Given data START
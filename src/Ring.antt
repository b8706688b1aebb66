-- ===== src/Ring.antt =====
-- src/transport/shm_ring.h and shm_ring.cpp: the byte ring of a shared-memory channel, which carries
-- frames with a 4-byte length before each.
-- A `Ring` is the ring header with the `capacity` bytes of the data area that follows it. Pointers
-- to either are never null here, so the null checks are left out. `cap` is the capacity that the
-- caller trusts, apart from the header's own. The frame is a list of bytes and its length that of
-- the list.
pub mod Window
pub mod Bytes
pub mod Send
pub mod Receive
pub mod Queue
pub mod Fifo
pub mod Layout
mod Tests
use omni_binder.Prelude.{
  ℕ, zero, suc, ◌+◌, ◌-◌, ◌%◌, Bool, false, ◌&&◌, ◌||◌, not, List, [], ◌∷◌, ◌++◌, ltb, leb, ◌==◌,
  if◌then◌else◌, length, get_or, set, take, drop, bytes32, word32, add32, sub32,
}
use omni_binder.Memory.{copy, slice}

pub record Ring : Type 0 where
  pub write_pos : ℕ
  pub read_pos : ℕ
  pub capacity : ℕ
  pub bytes : List ℕ

abbrev pub min_ring_capacity : ℕ
min_ring_capacity = 64

abbrev pub max_message_size : ℕ
max_message_size = 16_777_216

-- sizeof(uint32_t), the length before a frame.
abbrev pub prefix_size : ℕ
prefix_size = 4

pub advance_pos : ℕ → ℕ → ℕ → ℕ
advance_pos pos delta cap =
    if leb (sub32 cap pos) delta then sub32 delta (sub32 cap pos) else add32 pos delta

-- What two valid positions leave to read.
pub unread : Ring → ℕ → ℕ
unread r cap =
    if leb r.read_pos r.write_pos
    then sub32 r.write_pos r.read_pos
    else add32 (sub32 cap r.read_pos) r.write_pos

pub available_read : Ring → ℕ → ℕ
available_read r cap =
    if ltb cap min_ring_capacity || not (r.capacity == cap)
    then 0
    else if leb cap r.write_pos || leb cap r.read_pos
    then 0
    else unread r cap

pub available_write : Ring → ℕ → ℕ
available_write r cap =
    if ltb cap min_ring_capacity
      || not (r.capacity == cap)
      || leb cap r.write_pos
      || leb cap r.read_pos
    then 0
    else sub32 (sub32 cap 1) (available_read r cap)

-- `first = min(n, cap - pos)` bytes from `pos` on, and the others from the start.
pub copy_wrapped : List ℕ → ℕ → List ℕ → ℕ → List ℕ
copy_wrapped dst pos src cap =
    let room = sub32 cap pos in
    let first = if ltb (length src) room then length src else room in
    let dst' = copy dst pos (take first src) in
    if ltb first (length src) then copy dst' 0 (drop first src) else dst'

-- The number of bytes written, 0 where they do not fit.
pub write_frame : Ring → List ℕ → ℕ → ℕ × Ring
write_frame r frame cap =
    let total = add32 prefix_size (length frame) in
    if ltb (available_write r cap) total
    then (0, r)
    else let pos = advance_pos r.write_pos prefix_size cap in
      let bytes = copy_wrapped r.bytes r.write_pos (bytes32 (length frame)) cap in
      (
        total,
        record r {
          bytes = copy_wrapped bytes pos frame cap;
          write_pos = advance_pos pos (length frame) cap;
        },
      )

-- The bytes that were read, and the ring.
pub read : Ring → ℕ → ℕ → List ℕ × Ring
read r n cap =
    if not (r.capacity == cap) || leb cap r.read_pos
    then ([], r)
    else let avail = available_read r cap in
      let to_read = if ltb n avail then n else avail in
      if to_read == 0
      then ([], r)
      else let room = sub32 cap r.read_pos in
        let first = if ltb to_read room then to_read else room in
        let out = slice r.bytes r.read_pos first in
        (
          if ltb first to_read then out ++ slice r.bytes 0 (to_read - first) else out,
          record r { read_pos = advance_pos r.read_pos to_read cap },
        )

pub record Sent : Type 0 where
  pub written : ℕ
  pub notified : Bool
  pub ring : Ring

-- `later` is what the last load of `read_pos` returns: the consumer may have moved it meanwhile.
-- `has_fd` says that notify_fd is none below 0.
pub send_frame : Ring → ℕ → List ℕ → Bool → ℕ → Sent
send_frame r cap frame has_fd later =
    if not (r.capacity == cap) || leb cap r.write_pos
    then record { written = 0; notified = false; ring = r }
    else let total = add32 prefix_size (length frame) in
      let was_empty = available_read r cap == 0 in
      let (written, r') = write_frame r frame cap in
      if not (written == total)
      then record { written = 0; notified = false; ring = r' }
      else record {
        written = written;
        notified = (was_empty || later == r.write_pos) && has_fd;
        ring = r';
      }

pub data Inspection : Type 0 where
  complete : ℕ → Inspection
  incomplete corrupt : Inspection

-- The length before the next frame: the loop over `ring_data[(r + i) % trusted_capacity]`.
pub length_prefix : List ℕ → ℕ → ℕ → ℕ
length_prefix bytes r cap = word32 (
    get_or bytes (r % cap) 0
    ∷ get_or bytes (add32 r 1 % cap) 0
    ∷ get_or bytes (add32 r 2 % cap) 0
    ∷ get_or bytes (add32 r 3 % cap) 0
    ∷ [])

-- The tests on the length, once `avail` bytes hold it.
pub check_length : ℕ → ℕ → ℕ → Inspection
check_length avail msg_len cap =
    let max_frame = sub32 (sub32 cap 1) prefix_size in
    if msg_len == 0 || ltb max_message_size msg_len || ltb max_frame msg_len
    then corrupt
    else if ltb avail (prefix_size + msg_len)
    then incomplete
    else complete msg_len

pub inspect_frame : Ring → ℕ → Inspection
inspect_frame r cap =
    if ltb cap min_ring_capacity || not (r.capacity == cap)
    then corrupt
    else if leb cap r.read_pos || leb cap r.write_pos
    then corrupt
    else if ltb (unread r cap) prefix_size
    then incomplete
    else check_length (unread r cap) (length_prefix r.bytes r.read_pos cap) cap

pub data Received : Type 0 where
  frame : List ℕ → Received
  nothing failed : Received

-- `out_size` is the room at `out`. Where the payload cannot be read in full the read position is set
-- back to before the length.
pub recv_frame : Ring → ℕ → ℕ → Received × Ring
recv_frame r cap out_size = elim (inspect_frame r cap) [
  | corrupt ↦ (failed, r)
  | incomplete ↦ (nothing, r)
  | complete n ↦
      if ltb out_size n
      then (failed, r)
      else let r' = record r { read_pos = advance_pos r.read_pos prefix_size cap } in
        let (out, r'') = read r' n cap in
        if not (length out == n)
        then (failed, record r'' { read_pos = r.read_pos })
        else (frame out, r'')
]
Given data END
• Instructions for the task
Beginning with the line that contains "position is set", retype every remaining line of the listing exactly, ending with the last one.

• Task output
-- `out_size` is the room at `out`. Where the payload cannot be read in full the read position is set
-- back to before the length.
pub recv_frame : Ring → ℕ → ℕ → Received × Ring
recv_frame r cap out_size = elim (inspect_frame r cap) [
  | corrupt ↦ (failed, r)
  | incomplete ↦ (nothing, r)
  | complete n ↦
      if ltb out_size n
      then (failed, r)
      else let r' = record r { read_pos = advance_pos r.read_pos prefix_size cap } in
        let (out, r'') = read r' n cap in
        if not (length out == n)
        then (failed, record r'' { read_pos = r.read_pos })
        else (frame out, r'')
]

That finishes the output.